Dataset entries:
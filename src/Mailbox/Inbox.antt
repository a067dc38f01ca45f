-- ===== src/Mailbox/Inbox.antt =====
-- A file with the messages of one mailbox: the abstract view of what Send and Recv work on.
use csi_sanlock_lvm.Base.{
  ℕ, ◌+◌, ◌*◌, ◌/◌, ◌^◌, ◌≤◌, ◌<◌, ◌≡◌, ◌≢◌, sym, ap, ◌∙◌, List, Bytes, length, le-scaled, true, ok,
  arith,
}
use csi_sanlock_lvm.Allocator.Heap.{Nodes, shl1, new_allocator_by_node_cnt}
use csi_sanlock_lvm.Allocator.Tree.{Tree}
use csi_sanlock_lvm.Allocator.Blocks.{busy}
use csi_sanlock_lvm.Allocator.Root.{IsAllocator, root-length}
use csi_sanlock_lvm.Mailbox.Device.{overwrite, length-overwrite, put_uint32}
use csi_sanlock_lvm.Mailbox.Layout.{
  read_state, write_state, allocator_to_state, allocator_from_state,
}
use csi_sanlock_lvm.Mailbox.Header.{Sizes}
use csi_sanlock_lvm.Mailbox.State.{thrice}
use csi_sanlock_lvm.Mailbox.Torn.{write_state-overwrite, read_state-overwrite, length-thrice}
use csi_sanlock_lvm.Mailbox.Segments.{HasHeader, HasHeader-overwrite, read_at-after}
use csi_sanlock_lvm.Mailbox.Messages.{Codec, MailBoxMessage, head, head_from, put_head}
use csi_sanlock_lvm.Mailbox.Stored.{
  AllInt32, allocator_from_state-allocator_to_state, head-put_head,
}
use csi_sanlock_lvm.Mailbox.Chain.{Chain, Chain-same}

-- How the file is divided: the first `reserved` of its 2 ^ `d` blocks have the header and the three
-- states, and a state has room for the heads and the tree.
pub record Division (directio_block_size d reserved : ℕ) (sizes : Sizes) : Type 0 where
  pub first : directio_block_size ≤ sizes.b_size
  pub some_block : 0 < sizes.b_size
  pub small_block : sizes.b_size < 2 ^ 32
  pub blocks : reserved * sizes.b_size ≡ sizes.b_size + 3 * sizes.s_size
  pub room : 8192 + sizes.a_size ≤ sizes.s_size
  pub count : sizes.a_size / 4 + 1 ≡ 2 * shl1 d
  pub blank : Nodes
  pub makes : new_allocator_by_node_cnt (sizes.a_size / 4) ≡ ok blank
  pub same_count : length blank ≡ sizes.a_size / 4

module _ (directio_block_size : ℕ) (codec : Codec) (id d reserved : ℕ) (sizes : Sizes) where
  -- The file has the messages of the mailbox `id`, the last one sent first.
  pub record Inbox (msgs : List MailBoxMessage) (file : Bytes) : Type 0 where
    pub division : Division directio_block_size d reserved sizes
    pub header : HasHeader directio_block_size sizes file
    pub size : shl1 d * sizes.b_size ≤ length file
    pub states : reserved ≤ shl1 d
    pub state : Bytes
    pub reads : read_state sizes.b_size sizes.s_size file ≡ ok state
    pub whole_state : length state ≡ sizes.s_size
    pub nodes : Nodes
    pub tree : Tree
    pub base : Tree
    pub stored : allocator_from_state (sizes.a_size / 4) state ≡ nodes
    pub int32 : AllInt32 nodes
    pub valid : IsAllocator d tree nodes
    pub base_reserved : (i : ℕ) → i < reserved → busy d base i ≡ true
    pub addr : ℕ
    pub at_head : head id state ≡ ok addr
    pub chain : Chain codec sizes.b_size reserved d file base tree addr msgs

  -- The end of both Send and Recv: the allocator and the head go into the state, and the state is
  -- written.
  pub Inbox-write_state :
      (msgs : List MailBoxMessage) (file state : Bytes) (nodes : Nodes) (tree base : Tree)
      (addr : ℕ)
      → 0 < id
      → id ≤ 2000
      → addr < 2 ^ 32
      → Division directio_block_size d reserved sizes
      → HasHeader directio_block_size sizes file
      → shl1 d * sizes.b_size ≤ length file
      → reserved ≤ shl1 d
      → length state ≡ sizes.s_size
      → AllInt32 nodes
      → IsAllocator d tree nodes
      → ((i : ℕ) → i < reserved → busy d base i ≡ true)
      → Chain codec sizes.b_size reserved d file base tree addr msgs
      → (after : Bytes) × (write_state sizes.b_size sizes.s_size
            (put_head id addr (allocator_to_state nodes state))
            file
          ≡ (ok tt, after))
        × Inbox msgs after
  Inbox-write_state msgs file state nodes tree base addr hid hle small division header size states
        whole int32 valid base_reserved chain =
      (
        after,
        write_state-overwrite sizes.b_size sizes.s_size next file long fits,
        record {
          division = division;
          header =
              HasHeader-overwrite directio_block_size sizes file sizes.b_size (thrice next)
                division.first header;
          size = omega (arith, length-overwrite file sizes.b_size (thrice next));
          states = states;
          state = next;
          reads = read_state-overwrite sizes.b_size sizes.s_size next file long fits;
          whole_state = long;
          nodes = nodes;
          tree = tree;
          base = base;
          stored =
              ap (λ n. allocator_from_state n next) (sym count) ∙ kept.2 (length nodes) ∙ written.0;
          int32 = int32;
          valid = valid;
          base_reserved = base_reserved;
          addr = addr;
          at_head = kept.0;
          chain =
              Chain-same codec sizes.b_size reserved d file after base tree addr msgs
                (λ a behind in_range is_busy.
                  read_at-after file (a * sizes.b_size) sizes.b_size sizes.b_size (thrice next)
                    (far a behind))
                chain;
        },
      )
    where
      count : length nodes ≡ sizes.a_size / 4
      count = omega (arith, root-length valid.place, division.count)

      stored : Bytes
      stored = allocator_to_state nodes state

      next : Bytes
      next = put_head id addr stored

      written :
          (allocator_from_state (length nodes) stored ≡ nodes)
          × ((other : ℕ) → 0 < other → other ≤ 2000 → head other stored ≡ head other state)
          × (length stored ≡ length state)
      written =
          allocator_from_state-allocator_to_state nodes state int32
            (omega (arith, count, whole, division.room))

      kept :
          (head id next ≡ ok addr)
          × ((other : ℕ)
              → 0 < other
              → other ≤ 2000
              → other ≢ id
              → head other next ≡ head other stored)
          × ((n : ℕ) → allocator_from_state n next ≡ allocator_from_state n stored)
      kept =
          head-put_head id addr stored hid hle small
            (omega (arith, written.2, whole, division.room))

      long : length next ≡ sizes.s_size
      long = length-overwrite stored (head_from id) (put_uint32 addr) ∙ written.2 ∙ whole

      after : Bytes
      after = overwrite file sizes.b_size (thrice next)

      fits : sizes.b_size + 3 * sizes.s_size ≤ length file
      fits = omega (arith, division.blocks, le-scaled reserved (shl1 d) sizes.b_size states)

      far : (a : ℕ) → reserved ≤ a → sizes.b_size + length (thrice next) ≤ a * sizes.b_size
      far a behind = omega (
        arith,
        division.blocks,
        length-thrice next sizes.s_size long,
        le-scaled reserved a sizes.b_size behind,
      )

EXERCISE
Make an exact copy of all the lines above.

PROBLEM SOLUTION
filename src/Mailbox/Inbox.antt
repository a067dc38f01ca45f
-- ===== src/Mailbox/Inbox.antt =====
-- A file with the messages of one mailbox: the abstract view of what Send and Recv work on.
use csi_sanlock_lvm.Base.{
  ℕ, ◌+◌, ◌*◌, ◌/◌, ◌^◌, ◌≤◌, ◌<◌, ◌≡◌, ◌≢◌, sym, ap, ◌∙◌, List, Bytes, length, le-scaled, true, ok,
  arith,
}
use csi_sanlock_lvm.Allocator.Heap.{Nodes, shl1, new_allocator_by_node_cnt}
use csi_sanlock_lvm.Allocator.Tree.{Tree}
use csi_sanlock_lvm.Allocator.Blocks.{busy}
use csi_sanlock_lvm.Allocator.Root.{IsAllocator, root-length}
use csi_sanlock_lvm.Mailbox.Device.{overwrite, length-overwrite, put_uint32}
use csi_sanlock_lvm.Mailbox.Layout.{
  read_state, write_state, allocator_to_state, allocator_from_state,
}
use csi_sanlock_lvm.Mailbox.Header.{Sizes}
use csi_sanlock_lvm.Mailbox.State.{thrice}
use csi_sanlock_lvm.Mailbox.Torn.{write_state-overwrite, read_state-overwrite, length-thrice}
use csi_sanlock_lvm.Mailbox.Segments.{HasHeader, HasHeader-overwrite, read_at-after}
use csi_sanlock_lvm.Mailbox.Messages.{Codec, MailBoxMessage, head, head_from, put_head}
use csi_sanlock_lvm.Mailbox.Stored.{
  AllInt32, allocator_from_state-allocator_to_state, head-put_head,
}
use csi_sanlock_lvm.Mailbox.Chain.{Chain, Chain-same}

-- How the file is divided: the first `reserved` of its 2 ^ `d` blocks have the header and the three
-- states, and a state has room for the heads and the tree.
pub record Division (directio_block_size d reserved : ℕ) (sizes : Sizes) : Type 0 where
  pub first : directio_block_size ≤ sizes.b_size
  pub some_block : 0 < sizes.b_size
  pub small_block : sizes.b_size < 2 ^ 32
  pub blocks : reserved * sizes.b_size ≡ sizes.b_size + 3 * sizes.s_size
  pub room : 8192 + sizes.a_size ≤ sizes.s_size
  pub count : sizes.a_size / 4 + 1 ≡ 2 * shl1 d
  pub blank : Nodes
  pub makes : new_allocator_by_node_cnt (sizes.a_size / 4) ≡ ok blank
  pub same_count : length blank ≡ sizes.a_size / 4

module _ (directio_block_size : ℕ) (codec : Codec) (id d reserved : ℕ) (sizes : Sizes) where
  -- The file has the messages of the mailbox `id`, the last one sent first.
  pub record Inbox (msgs : List MailBoxMessage) (file : Bytes) : Type 0 where
    pub division : Division directio_block_size d reserved sizes
    pub header : HasHeader directio_block_size sizes file
    pub size : shl1 d * sizes.b_size ≤ length file
    pub states : reserved ≤ shl1 d
    pub state : Bytes
    pub reads : read_state sizes.b_size sizes.s_size file ≡ ok state
    pub whole_state : length state ≡ sizes.s_size
    pub nodes : Nodes
    pub tree : Tree
    pub base : Tree
    pub stored : allocator_from_state (sizes.a_size / 4) state ≡ nodes
    pub int32 : AllInt32 nodes
    pub valid : IsAllocator d tree nodes
    pub base_reserved : (i : ℕ) → i < reserved → busy d base i ≡ true
    pub addr : ℕ
    pub at_head : head id state ≡ ok addr
    pub chain : Chain codec sizes.b_size reserved d file base tree addr msgs

  -- The end of both Send and Recv: the allocator and the head go into the state, and the state is
  -- written.
  pub Inbox-write_state :
      (msgs : List MailBoxMessage) (file state : Bytes) (nodes : Nodes) (tree base : Tree)
      (addr : ℕ)
      → 0 < id
      → id ≤ 2000
      → addr < 2 ^ 32
      → Division directio_block_size d reserved sizes
      → HasHeader directio_block_size sizes file
      → shl1 d * sizes.b_size ≤ length file
      → reserved ≤ shl1 d
      → length state ≡ sizes.s_size
      → AllInt32 nodes
      → IsAllocator d tree nodes
      → ((i : ℕ) → i < reserved → busy d base i ≡ true)
      → Chain codec sizes.b_size reserved d file base tree addr msgs
      → (after : Bytes) × (write_state sizes.b_size sizes.s_size
            (put_head id addr (allocator_to_state nodes state))
            file
          ≡ (ok tt, after))
        × Inbox msgs after
  Inbox-write_state msgs file state nodes tree base addr hid hle small division header size states
        whole int32 valid base_reserved chain =
      (
        after,
        write_state-overwrite sizes.b_size sizes.s_size next file long fits,
        record {
          division = division;
          header =
              HasHeader-overwrite directio_block_size sizes file sizes.b_size (thrice next)
                division.first header;
          size = omega (arith, length-overwrite file sizes.b_size (thrice next));
          states = states;
          state = next;
          reads = read_state-overwrite sizes.b_size sizes.s_size next file long fits;
          whole_state = long;
          nodes = nodes;
          tree = tree;
          base = base;
          stored =
              ap (λ n. allocator_from_state n next) (sym count) ∙ kept.2 (length nodes) ∙ written.0;
          int32 = int32;
          valid = valid;
          base_reserved = base_reserved;
          addr = addr;
          at_head = kept.0;
          chain =
              Chain-same codec sizes.b_size reserved d file after base tree addr msgs
                (λ a behind in_range is_busy.
                  read_at-after file (a * sizes.b_size) sizes.b_size sizes.b_size (thrice next)
                    (far a behind))
                chain;
        },
      )
    where
      count : length nodes ≡ sizes.a_size / 4
      count = omega (arith, root-length valid.place, division.count)

      stored : Bytes
      stored = allocator_to_state nodes state

      next : Bytes
      next = put_head id addr stored

      written :
          (allocator_from_state (length nodes) stored ≡ nodes)
          × ((other : ℕ) → 0 < other → other ≤ 2000 → head other stored ≡ head other state)
          × (length stored ≡ length state)
      written =
          allocator_from_state-allocator_to_state nodes state int32
            (omega (arith, count, whole, division.room))

      kept :
          (head id next ≡ ok addr)
          × ((other : ℕ)
              → 0 < other
              → other ≤ 2000
              → other ≢ id
              → head other next ≡ head other stored)
          × ((n : ℕ) → allocator_from_state n next ≡ allocator_from_state n stored)
      kept =
          head-put_head id addr stored hid hle small
            (omega (arith, written.2, whole, division.room))

      long : length next ≡ sizes.s_size
      long = length-overwrite stored (head_from id) (put_uint32 addr) ∙ written.2 ∙ whole

      after : Bytes
      after = overwrite file sizes.b_size (thrice next)

      fits : sizes.b_size + 3 * sizes.s_size ≤ length file
      fits = omega (arith, division.blocks, le-scaled reserved (shl1 d) sizes.b_size states)

      far : (a : ℕ) → reserved ≤ a → sizes.b_size + length (thrice next) ≤ a * sizes.b_size
      far a behind = omega (
        arith,
        division.blocks,
        length-thrice next sizes.s_size long,
        le-scaled reserved a sizes.b_size behind,
      )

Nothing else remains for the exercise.